The distributorship’s fresh produce accounts for 35% of its business, while the locally grown segment is 5%, according to King, who said he would definitely grow this category.
Corcoran said the local farmers market initiative, coupled with its new Great Restaurants of New York program, shows the distributorship is generating local awareness and driving consumers to neighborhood restaurants.
“All of our independents are feeling the challenges of the rising food costs and, without a doubt, they need to join the local craze to bring in business. At a time when ‘stay-cations’ are becoming more popular, we are trying to send the ‘stay-cationers’ to local restaurants,” Corcoran elaborated. “It is so very important that the consumer recognizes that these local restaurants support local communities, local farmers and local distributors, and by visiting these restaurants they play an important role in preserving the unique local flair of Long Island.”
With a wide range of participating farms, many of which grow produce exclusively for the industry, the distributorship will be able to offer fresh produce every Wednesday to Saturday until Halloween, King said. Corcoran said the market, which is open to consumers, offers its customers the ability to acquire produce that is at its peak ripeness.
“We waited until June 25 because we wanted the first crops to be ready. Now we have three booths from Long Island and three from New Jersey. By July 25 we’ll have 25 from Long Island and five from New Jersey,” he said.
Corcoran added, “The best time to eat produce is when it’s in season. We want to make chefs aware that locally grown tomatoes are bursting with flavor this week and that’s what they should have on their menus. Most chefs are recognizing that.”
J. Kings, which is a member of IFDA, UniPro Foodservice, Tailor Made Distribution and Pro*Act, is offering its customers additional benefits of procuring from local farmers market, one of which is food safety assurances. King and Corcoran pointed out that while tomatoes are still stigmatized because of the recent Salmonella contamination, they could assure their operators that the tomatoes that they’re offering are safe.
| “Our local initiative will help us deal with high food and fuel costs.” – John King | The reason is that they demand that the farmers that are participating in the program comply with good agricultural practices and have provided the distributorship with the appropriate documents. Eight farmers were denied access to the market because they lacked food-safety compliance paperwork.
“We require that our farms are compliant with food-safety procedures. If they don’t submit proof, we don’t do business with them. We can’t take the risk,” Corcoran said.

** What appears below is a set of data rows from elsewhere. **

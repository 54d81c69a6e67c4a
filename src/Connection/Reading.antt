-- ===== src/Connection/Reading.antt =====
-- Reassembly in net/connection.cpp on whatever a peer sends: it ends, and what it keeps is bounded.
use native.Mathlib.Nat.{suc-add}
use chromatin_protocol.Prelude.{
  ℕ, zero, suc, ◌+◌, ◌≤◌, ◌<◌, ◌≡◌, refl, sym, ap, arith, List, [], ◌∷◌, ◌++◌, Bool, true, false,
  not, Option, none, some, Bool-cases, inl, inr, ltb, length, length-drop, drop, get_or, ◌==◌,
}
use chromatin_protocol.Endian.{read_u32_be, read_u64_be}
use chromatin_protocol.External.Crypto.{Crypto}
use chromatin_protocol.External.Transport.{DecodedMessage}
use chromatin_protocol.Frame.{max_frame_size}
use chromatin_protocol.Connection.{
  Connection, Network, Io, and_then, require, async_read, recv_raw, open_frame, recv_encrypted,
}
use chromatin_protocol.Connection.Loop.{
  max_chunked_wire_payload, saw_frame, add_chunk, recv_chunks, recv_chunked,
}

-- A call that gives a value gave one at every step.
and_then-some {ℓ κ} :
    {A : Type ℓ} {B : Type κ} (r : Connection × Option A) (f : A → Io B) {e : Connection} {b : B}
    → and_then r f ≡ (e, some b)
    → (d : Connection) × (a : A) × (r ≡ (d, some a)) × (f a d ≡ (e, some b))
and_then-some (c, none) f h = cc
and_then-some (c, some a) f h = (c, a, refl, h)

value {ℓ} :
    {A : Type ℓ} {c d : Connection} {x y : A}
    → ◌≡◌ {A = Connection × Option A} (c, some x) (d, some y)
    → x ≡ y
value h = cc

and_then-congr {ℓ κ} :
    {A : Type ℓ} {B : Type κ} (r : Connection × Option A) (f g : A → Io B)
    → ((d : Connection) (a : A) → r ≡ (d, some a) → f a d ≡ g a d)
    → and_then r f ≡ and_then r g
and_then-congr (c, none) f g h = refl
and_then-congr (c, some a) f g h = h c a refl

not-ltb : (a b : ℕ) → not (ltb a b) ≡ true → b ≤ a
not-ltb a b h = ground arith

require-some : (b : Bool) (c d : Connection) → require b c ≡ (d, some tt) → (b ≡ true) × (d ≡ c)
require-some true c d h = (refl, ap (λ (r : Connection × Option (Unit {0})). r.0) (sym h))
require-some false c d h = cc

async_read-takes :
    (n : ℕ) (c d : Connection) (bytes : List ℕ)
    → async_read n c ≡ (d, some bytes)
    → length d.incoming + n ≤ length c.incoming
unfolding async_read
async_read-takes n c d bytes h = ground (arith, length-drop n c.incoming)

recv_raw-takes :
    (c d : Connection) (bytes : List ℕ)
    → recv_raw c ≡ (d, some bytes)
    → length d.incoming + 4 ≤ length c.incoming
unfolding recv_raw
recv_raw-takes c d bytes h =
    let (e, header, first, later) = and_then-some (async_read 4 c) _ h in
    let len = read_u32_be header in
    let (e', _u, checked, second) =
      and_then-some (require (not (ltb max_frame_size len)) e) _ later in
    omega (
      arith,
      async_read-takes 4 c e header first,
      async_read-takes len e' d bytes second,
      ap (λ (k : Connection). length k.incoming)
          (require-some (not (ltb max_frame_size len)) e e' checked).1,
    )

module _ ⦃C : Crypto⦄ where
  open_frame-keeps :
      (raw : List ℕ) (c d : Connection) (text : List ℕ)
      → open_frame raw c ≡ (d, some text)
      → d.incoming ≡ c.incoming
  unfolding open_frame
  open_frame-keeps raw c d text h = ground arith

  recv_encrypted-takes :
      (c d : Connection) (text : List ℕ)
      → recv_encrypted c ≡ (d, some text)
      → length d.incoming + 4 ≤ length c.incoming
  unfolding recv_encrypted
  recv_encrypted-takes c d text h =
      let (e, raw, read, opened) = and_then-some (recv_raw c) open_frame h in
      omega (arith, recv_raw-takes c e raw read, ap length (open_frame-keeps raw e d text opened))

add_chunk-congr :
    (total : ℕ) (payload : List ℕ) (f g : List ℕ → Io (List ℕ)) (chunk : List ℕ) (c : Connection)
    → ((grown : List ℕ) → f grown c ≡ g grown c)
    → add_chunk total payload f chunk c ≡ add_chunk total payload g chunk c
unfolding add_chunk
add_chunk-congr total payload f g [] c h = refl
add_chunk-congr total payload f g (x ∷ chunk) c h =
    let grown : List ℕ = payload ++ (x ∷ chunk) in
    elim (Bool-cases (ltb (total + 64) (length grown))) [
      | inl e ↦ rw e refl
      | inr e ↦ rw e (h grown)
    ]

add_chunk_bounded :
    (bound total : ℕ) (payload whole : List ℕ) (later : List ℕ → Io (List ℕ)) (chunk : List ℕ)
    (c d : Connection)
    → ((grown : List ℕ) (e : Connection)
        → later grown e ≡ (d, some whole)
        → length grown ≤ bound
        → length whole ≤ bound)
    → add_chunk total payload later chunk c ≡ (d, some whole)
    → length payload ≤ bound
    → total + 64 ≤ bound
    → length whole ≤ bound
unfolding add_chunk
add_chunk_bounded bound total payload whole later [] c d k h p t = ground arith
add_chunk_bounded bound total payload whole later (x ∷ chunk) c d k h p t =
    let grown : List ℕ = payload ++ (x ∷ chunk) in
    let room = not (ltb (total + 64) (length grown)) in
    let (e, _u, checked, rest) = and_then-some (require room c) (λ _. later grown) h in
    let fits : room ≡ true = (require-some room c e checked).0 in k grown e rest (ground arith)

module _ ⦃C : Crypto⦄ ⦃N : Network⦄ where
  -- One more than the length of what is to be read is fuel enough for reassembly: with any more of it
  -- the outcome is the same, so that the loop always ends by its own tests.
  pub recv_chunks-more :
      (k fuel total : ℕ) (payload : List ℕ) (c : Connection)
      → length c.incoming < fuel
      → recv_chunks (fuel + k) total payload c ≡ recv_chunks fuel total payload c
  unfolding recv_chunks saw_frame
  recv_chunks-more k zero total payload c h = absurd (omega arith)
  recv_chunks-more k (suc fuel) total payload c h = rw suc-add (
      and_then-congr (recv_encrypted c) _ _ (λ d chunk r.
        add_chunk-congr total payload (λ grown. recv_chunks (fuel + k) total grown)
          (λ grown. recv_chunks fuel total grown) chunk (saw_frame d)
          (λ grown.
            recv_chunks-more k fuel total grown (saw_frame d)
              (omega (arith, recv_encrypted-takes c d chunk r)))))

  recv_chunks_bounded :
      (bound fuel total : ℕ) (payload whole : List ℕ) (c d : Connection)
      → recv_chunks fuel total payload c ≡ (d, some whole)
      → length payload ≤ bound
      → total + 64 ≤ bound
      → length whole ≤ bound
  unfolding recv_chunks
  recv_chunks_bounded bound zero total payload whole c d h p t = cc
  recv_chunks_bounded bound (suc fuel) total payload whole c d h p t =
      let (e, chunk, r, later) = and_then-some (recv_encrypted c) _ h in
      add_chunk_bounded bound total payload whole (λ grown. recv_chunks fuel total grown) chunk
        (saw_frame e) d (λ grown f g q. recv_chunks_bounded bound fuel total grown whole f d g q t)
        later p t

  -- Whatever a peer sends, a message that is put together has at most 64 bytes more than the largest
  -- size that a header may declare, if its header came in a frame of the allowed size.
  pub recv_chunked_bounded :
      (first : List ℕ) (c d : Connection) (m : DecodedMessage)
      → length first ≤ max_frame_size
      → recv_chunked first c ≡ (d, some m)
      → length m.payload ≤ max_chunked_wire_payload + 64
  unfolding recv_chunked
  recv_chunked_bounded first c d m small h =
      let total = read_u64_be (drop 6 first) in
      let bounded = not (ltb max_chunked_wire_payload total) in
      let (c1, _u1, r1, h1) = and_then-some (require (not (ltb (length first) 14)) c) _ h in
      let (c2, _u2, r2, h2) = and_then-some (require (get_or first 0 0 == 1) c1) _ h1 in
      let (c3, _u3, r3, h3) = and_then-some (require bounded c2) _ h2 in
      let start : List ℕ = drop 14 first in
      let (c4, whole, r4, h4) =
        and_then-some (recv_chunks (suc (length c3.incoming)) total start c3) _ h3 in
      let fits : bounded ≡ true = (require-some bounded c2 c3 r3).0 in
      let limit : total ≤ max_chunked_wire_payload = not-ltb _ _ fits in
      let kept : length whole ≤ max_chunked_wire_payload + 64 =
        recv_chunks_bounded (max_chunked_wire_payload + 64) (suc (length c3.incoming)) total start
          whole c3 c4 r4 (omega (arith, length-drop 14 first)) (omega arith) in
      omega (arith, kept, ap (λ (v : DecodedMessage). length v.payload) (value h4))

King noted that while others in the industry are struggling with sourcing questions, he isn’t because he knows exactly where the tomatoes that he’s providing came from. The food-safety guidelines that the distributorship is using were prepared by Michael Jantschke, food safety director with Pro*Act.
“Anybody who buys them from us knows that they’re safe and they can tell their patrons who ask about the Salmonella outbreak and they’re offering safe Long Island beefsteak tomatoes,” he said.
Finally, the distributorship is offering its customers the potential of future cost savings.
“When we pick up produce from local farmers, we’re backhauling it to our distribution center from a delivery to an operator. As a result we don’t have $6-7 of freight charges per case built in as do products from California, which today are still more competitively priced due to volume. However, there may be a time when fresh and local may be less expensive than California. Our local initiative will help us deal with high food and fuel costs,” King said.
Corcoran said operators can take advantage of information about local farmers that is on its website and reposition it on their menus so their patrons can learn about the source of produce on the menu.